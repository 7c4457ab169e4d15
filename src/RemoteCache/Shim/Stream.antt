-- ===== src/RemoteCache/Shim/Stream.antt =====
-- `resource_digest` and `ByteStream` of remote_cache/shim.py. A stream of messages is their list.
pub mod Chunks
pub mod Window
pub mod Upload
pub mod Carried
pub mod Returned
pub mod Resource
use tine.Base.{
  ℕ, zero, suc, ◌+◌, ◌-◌, ◌*◌, ◌^◌, Bool, true, false, not, Option, none, some, List, [], ◌∷◌, ◌++◌,
  Bytes, length, take, drop, map, ltb, ◌==◌, same_bytes, if◌then◌else◌,
}
use tine.Base.Decimal.{int_text}
use tine.Base.Text.{Text, text_of}
use tine.RemoteCache.Outcome.{
  Raised, Result, ok, err, is_value_error, aborted, bad_resource, bad_number, invalid_argument,
  not_found, permission_denied, unimplemented,
}
use tine.RemoteCache.Exec.{pure, raise, lift, handle, ◌>>=◌, ◌>>◌}
use tine.RemoteCache.Reapi.Digest.{Digest}
use tine.RemoteCache.Reapi.Stream.{ReadRequest, ReadResponse, WriteRequest, WriteResponse}
use tine.RemoteCache.Signing.Envelope.{is_sha256_hex}
use tine.RemoteCache.Store.Blobs.{put_blob}
use tine.RemoteCache.Shim.State.{Setup, Shim, Call, on_store, count, accepts_uploads}
use tine.RemoteCache.Shim.Local.{blob}

abbrev pub push : ℕ → List Text → List Text
push c [] = (c ∷ []) ∷ []
push c (part ∷ parts) = (c ∷ part) ∷ parts

-- text.split("/")
unfoldable pub split_path : Text → List Text
split_path [] = [] ∷ []
split_path (c ∷ cs) = let parts = split_path cs in if c == b'/' then [] ∷ parts else push c parts

-- The parts behind the first that is "blobs".
unfoldable pub behind_blobs : List Text → Option (List Text)
behind_blobs [] = none
behind_blobs (part ∷ parts) =
    let rest = behind_blobs parts in if same_bytes part (text_of "blobs") then some parts else rest

abbrev pub sized : Text → Option ℕ → Result Digest
sized hash none = err bad_number
sized hash (some size) = ok (record { hash = hash; size_bytes = size })

abbrev pub digest_in : Option (List Text) → Result Digest
digest_in none = err bad_resource
digest_in (some []) = err bad_resource
digest_in (some (hash ∷ [])) = err bad_resource
digest_in (some (hash ∷ size ∷ parts)) =
    if not (is_sha256_hex hash) then err bad_resource else sized hash (int_text size)

unfoldable pub resource_digest : Text → Result Digest
resource_digest resource = digest_in (behind_blobs (split_path resource))

-- CHUNK_SIZE
abbrev pub chunk_size : ℕ
chunk_size = 2 ^ 20

-- range(start, stop, step), with a round for each number: the length of what is cut is enough.
unfoldable pub range_from : ℕ → ℕ → ℕ → ℕ → List ℕ
range_from step zero start stop = []
range_from step (suc rounds) start stop =
    let rest = range_from step rounds (start + step) stop in
    if ltb start stop then start ∷ rest else []

-- `or [0]`
abbrev pub or_zero : List ℕ → List ℕ
or_zero [] = 0 ∷ []
or_zero (n ∷ ns) = n ∷ ns

-- window[start : start + step]
abbrev pub chunk : ℕ → Bytes → ℕ → ReadResponse
chunk step window start = record { content = take step (drop start window) }

unfoldable pub chunks : ℕ → Bytes → List ReadResponse
chunks step window =
    map (chunk step window) (or_zero (range_from step (length window) 0 (length window)))

-- data[offset:end], where `end` is the whole length without a limit.
unfoldable pub window_of : ReadRequest → Bytes → Bytes
window_of request content =
    let end =
      if request.read_limit == 0
      then length content
      else request.read_offset + request.read_limit in
    take (end - request.read_offset) (drop request.read_offset content)

-- What a first message opens an upload of.
abbrev pub begin_with : WriteRequest → Result Digest → Result Digest
begin_with request (err e) = if is_value_error e then err (aborted invalid_argument) else err e
begin_with request (ok digest) =
    if not (request.write_offset == 0) then err (aborted unimplemented) else ok digest

abbrev pub opened : WriteRequest → Option Digest → Result Digest
opened request none = begin_with request (resource_digest request.resource_name)
opened request (some digest) = ok digest

abbrev pub written :
    Bytes → Bool → Result Digest → Result (Option Digest × Bytes) → Result (Option Digest × Bytes)
written all finished (err e) rest = err e
written all finished (ok digest) rest = if finished then ok (some digest, all) else rest

abbrev pub opened_as : Result Digest → Option Digest
opened_as (ok digest) = some digest
opened_as (err e) = none

-- The loop of `write`, with the digest and the bytes so far.
unfoldable pub write_all :
    Option Digest → Bytes → List WriteRequest → Result (Option Digest × Bytes)
write_all digest all [] = ok (digest, all)
write_all digest all (request ∷ requests) =
    let open_for = opened request digest in
    let more = all ++ request.content in
    let rest = write_all (opened_as open_for) more requests in
    written more request.finish_write open_for rest

module _ (u : Setup) where
  abbrev pub invalid : {A : Type 0} → Raised → Call u A
  invalid e = if is_value_error e then raise (aborted invalid_argument) else raise e

  abbrev pub sent : ReadRequest → Option Bytes → Call u (List ReadResponse)
  sent request none = raise (aborted not_found)
  sent request (some content) = pure (chunks chunk_size (window_of request content))

  -- `ByteStream.read`
  unfoldable pub read_stream : ReadRequest → Call u (List ReadResponse)
  read_stream request = do
    digest ← handle (lift (resource_digest request.resource_name)) invalid
    content ← blob u digest
    sent request content

  abbrev pub commit : Option Digest × Bytes → Call u WriteResponse
  commit (none, all) = raise (aborted invalid_argument)
  commit (some digest, all) = do
    handle (on_store u (put_blob u.platform digest all none)) invalid
    pure (record { committed_size = length all })

  abbrev pub write_accepted : Bool → List WriteRequest → Call u WriteResponse
  write_accepted false requests = do
    count u (text_of "uploads refused")
    raise (aborted permission_denied)
  write_accepted true requests = do got ← lift (write_all none [] requests); commit got

  -- `ByteStream.write`
  unfoldable pub write_stream : List WriteRequest → Call u WriteResponse
  write_stream requests = write_accepted (accepts_uploads u) requests

  -- `query_write_status`
  unfoldable pub query_write_status : Call u (Unit {0})
  query_write_status = raise (aborted unimplemented)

_EXERCISE_
Wherever the string "sized" is found in the listing above, copy the line that contains it.

_RESPONSE_
abbrev pub sized : Text → Option ℕ → Result Digest
sized hash none = err bad_number
sized hash (some size) = ok (record { hash = hash; size_bytes = size })
    if not (is_sha256_hex hash) then err bad_resource else sized hash (int_text size)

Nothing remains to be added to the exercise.